Example 3 An example of indazole derived from a phenol having an α-hydroxyethyl group at the 3-position and a methoxy group at the 6-position and an o-ethoxybenzenediazonium salt is shown.
Instead of 3-hydroxymethylphenol of Example 1,
3- (α-Hydroxyethyl) -6-methoxy-4- (o-ethoxyphenylazo) phenol was obtained in the same manner except that 3- (α-hydroxyethyl) -6-methoxyphenol was used. Example 1 using this azo compound
A crystal was obtained by the same treatment as described above. 2- (o-Ethoxyphenyl) -3-methyl-6-methoxy-5-hydroxyindazole; mp 176.2-177.5 ° C.

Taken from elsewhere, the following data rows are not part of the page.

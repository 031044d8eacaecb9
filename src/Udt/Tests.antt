-- ===== src/Udt/Tests.antt =====
-- Schemas at concrete inputs, and an instance of each property.
use kv8_metrics.Prelude.{
  ℕ, ◌+◌, ◌*◌, ◌-◌, ◌^◌, ◌<◌, ◌≤◌, ◌≡◌, ◌≢◌, refl, none, some, Option, List, [], ◌∷◌, length,
  get_elem?, arith, if◌then◌else◌,
}
use kv8_metrics.Prelude.Bytes.{Bytes, codes}
use kv8_metrics.Prelude.Assoc.{find, bytes_eq}
use kv8_metrics.Prelude.Decimal.{decimal, read_digits, is_digit}
use kv8_metrics.Udt.Outcome.{
  done, failed, out_of_fuel, end_of_fields, unknown_type, expected_char, no_text,
}
use kv8_metrics.Udt.Types.{FieldType, SchemaField, ResolvedSchema, wire_size, parse_type_token}
use kv8_metrics.Udt.Decode.{Doubles}
use kv8_metrics.Prelude.Int.{ℤ}
use kv8_metrics.Udt.Build.{Member, get_schema}
use kv8_metrics.Udt.Schema.{parse_udt_schema}
use kv8_metrics.Udt.Laws.Lengths.{Consumes}
use kv8_metrics.Udt.Laws.Termination.{parse_udt_schema-returns}
use kv8_metrics.Udt.Laws.Layout.{parse_udt_schema-disjoint}
use kv8_metrics.Udt.Laws.Strings.{ReadsBack}
use kv8_metrics.Udt.Laws.Announced.{
  Writable, AllWritable, AnnounceAll, Placed, get_schema-AnnounceAll,
}
use kv8_metrics.Udt.Laws.Packing.{Stored, Struct, Decoded, pack, parse_udt_schema-Decoded}

-- Doubles whose bit patterns are the numbers, in decimal.
abbrev scan_number : Bytes → Option (ℕ × Bytes)
scan_number [] = none
scan_number (c ∷ s) = if is_digit c then some (read_digits 0 (c ∷ s)) else none

length-read_digits : (acc : ℕ) (s : Bytes) → length (read_digits acc s).1 ≤ length s
unfolding read_digits
length-read_digits acc [] = omega arith
length-read_digits acc (c ∷ s) = ground (arith, length-read_digits (acc * 10 + (c - 48)) s)

scan_number-Consumes : Consumes scan_number
unfolding read_digits
scan_number-Consumes [] rest v e = cc
scan_number-Consumes (c ∷ s) rest v e = ground (arith, length-read_digits (0 * 10 + (c - 48)) s)

limit-ReadsBack : ReadsBack scan_number decimal 7
unfolding decimal read_digits
limit-ReadsBack = record {
  first = 55;
  others = [];
  shown = refl;
  visible = refl;
  short = omega arith;
  before_comma = λ rest. refl;
  before_brace = λ rest. refl;
}

abbrev vec : ResolvedSchema
vec = record { schema_name = codes "V"; hash = 0; payload_size = 3; fields = x ∷ y ∷ [] }
  where
    x : SchemaField
    x = record {
      name = codes "x";
      display_name = [];
      type = FieldType.i16;
      offset = 0;
      min_val = 0;
      max_val = 9;
    }

    y : SchemaField
    y = record {
      name = codes "y";
      display_name = codes "Y";
      type = FieldType.u8;
      offset = 2;
      min_val = 0;
      max_val = 0;
    }

abbrev known : List (Bytes × ResolvedSchema)
known = (codes "V", vec) ∷ []

abbrev vec_json : Bytes
vec_json = codes "{'name':'V','fields':[{'n':'x','t':'i16','max':9},{'n':'y','d':'Y','t':'u8'}]}"

vec_parsed : parse_udt_schema scan_number [] vec_json ≡ done vec
unfolding parse_udt_schema read_digits
vec_parsed = refl

-- Cut off inside the fields, and inside an object of the field list.
vec_truncated :
    parse_udt_schema scan_number [] (codes "{'name':'V','fields':[{'n':'x','t':'i16'},")
    ≡ failed end_of_fields
unfolding parse_udt_schema
vec_truncated = refl

nothing_to_skip : parse_udt_schema scan_number [] (codes "{'kv8':") ≡ failed no_text
unfolding parse_udt_schema
nothing_to_skip = refl

-- A nested object under an unknown key is skipped, brackets in its strings included.
nested_skipped :
    parse_udt_schema scan_number [] (codes "{'a':{'b':[{}],'c':'}'},'name':'E','fields':[]}")
    ≡ done (record { schema_name = codes "E"; hash = 0; payload_size = 0; fields = [] })
unfolding parse_udt_schema
nested_skipped = refl

unknown_embedded :
    parse_udt_schema scan_number [] (codes "{'fields':[{'n':'p','t':'V'}]}")
    ≡ failed (unknown_type (codes "V"))
unfolding parse_udt_schema
unknown_embedded = refl

-- The offset in this message is 0, here behind seven bytes.
offset_reported :
    parse_udt_schema scan_number [] (codes "{'name'='V'}") ≡ failed (expected_char b':' b'=' 0)
unfolding parse_udt_schema
offset_reported = refl

parse_udt_schema-returns_example : parse_udt_schema scan_number known (codes "{'a':1") ≢ out_of_fuel
parse_udt_schema-returns_example =
    parse_udt_schema-returns scan_number known (codes "{'a':1") scan_number-Consumes

parse_udt_schema-disjoint_example :
    ((i : ℕ) (f : SchemaField) → get_elem? vec.fields i ≡ some f → f.offset + wire_size f.type ≤ 3)
    × ((i j : ℕ) (f g : SchemaField)
        → i < j
        → get_elem? vec.fields i ≡ some f
        → get_elem? vec.fields j ≡ some g
        → f.offset + wire_size f.type ≤ g.offset)
parse_udt_schema-disjoint_example =
    parse_udt_schema-disjoint scan_number [] vec_json vec vec_parsed
      (unfold wire_size in omega arith)

abbrev members : List Member
members =
    Member.field (codes "f64") (codes "t") 7 7
    ∷ Member.embed (codes "V") (codes "p")
    ∷ Member.field_named (codes "rational") (codes "r") (codes "Ratio") 7 7
    ∷ []

members-AllWritable : AllWritable scan_number decimal known members
unfolding parse_type_token find
members-AllWritable = (
  Writable.field refl (ground arith) (ground arith) limit-ReadsBack limit-ReadsBack,
  (
    Writable.embed {r = vec} refl refl (ground arith) (ground arith),
    (
      Writable.field_named refl (ground arith) (ground arith) (ground arith) limit-ReadsBack
          limit-ReadsBack,
      tt,
    ),
  ),
)

get_schema-AnnounceAll_example :
    (r : ResolvedSchema) × (fs : List SchemaField) × (parse_udt_schema scan_number known
        (get_schema decimal (codes "N") members)
      ≡ done r)
    × (r.schema_name ≡ codes "N")
    × AnnounceAll scan_number decimal known members fs
    × Placed 0 fs r.fields r.payload_size
get_schema-AnnounceAll_example =
    get_schema-AnnounceAll scan_number decimal known (codes "N") members (ground arith)
      members-AllWritable

abbrev bits : Doubles
bits = record { of_int = of_int; of_float = λ v. v; divide = λ a b. a + b }
  where
    of_int : ℤ → ℕ
    of_int (ℤ.pos n) = n
    of_int (ℤ.negsuc n) = 2 ^ 64 - 1 - n

abbrev sample : Struct vec.fields
sample = Struct.member (Stored.int16 (ℤ.negsuc 1)) (Struct.member (Stored.uint8 200) Struct.no_more)

parse_udt_schema-Decoded_example : Decoded bits (pack sample) sample × (length (pack sample) ≡ 3)
parse_udt_schema-Decoded_example =
    parse_udt_schema-Decoded scan_number [] vec_json vec vec_parsed
      (unfold wire_size in omega arith) bits sample (ground arith)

Example 4 An example of indazole derived from a phenol having an α-hydroxymethyl group at the 3-position and a methoxy group at the 6-position and an o-ethoxybenzenediazonium salt is shown. Instead of 3-hydroxymethylphenol of Example 1, 3- (
3- (Hydroxymethyl) -6-methoxy-4- (o-ethoxyphenylazo) phenol was obtained in the same manner except that hydroxymethyl) -6-methoxyphenol was used. This azo compound was treated in the same manner as in Example 1 to obtain crystals. 2- (o-Ethoxyphenyl) -6-methoxy-5-hydroxyindazole; melting point 132.5-133 ° C.
As described above, the azo bond activated by the p-hydroxyl group is easily subjected to the action of an acid catalyst in the molecule to give 2-aryl-indazol-5-ol in a substantially quantitative manner.

Claims (1)

[Claims] 1. A method for producing a 2-aryl-5-hydroxyindazole represented by the following general formula (2), which comprises treating an azo compound represented by the following general formula (1) with an acid. General formula (1) In the formula, R ₁ represents a hydrogen atom, an optionally substituted alkyl group or an aryl group, and R ₂ represents a hydrogen atom, an optionally substituted alkyl group, an aryl group or an acyl group. R
₃ , R ₄ are selected from a hydrogen atom, an alkyl group, an aryl group, an acyl group, a halogen atom, a cyano group, a nitro group, a substituted amino group, a sulfo group, a carboxyl group, an alkoxy group, an aryloxy group and a hydroxy group. And Ar represents an aromatic ring. General formula (2) In the formula, R ₁ represents a hydrogen atom, an optionally substituted alkyl group or an aryl group, and R ₂ represents a hydrogen atom, an optionally substituted alkyl group, an aryl group or an acyl group. R
₃ , R ₄ are selected from a hydrogen atom, an alkyl group, an aryl group, an acyl group, a halogen atom, a cyano group, a nitro group, a substituted amino group, a sulfo group, a carboxyl group, an alkoxy group, an aryloxy group and a hydroxy group. And Ar represents an aromatic ring. R ₅ represents a hydrogen atom or a halogen atom.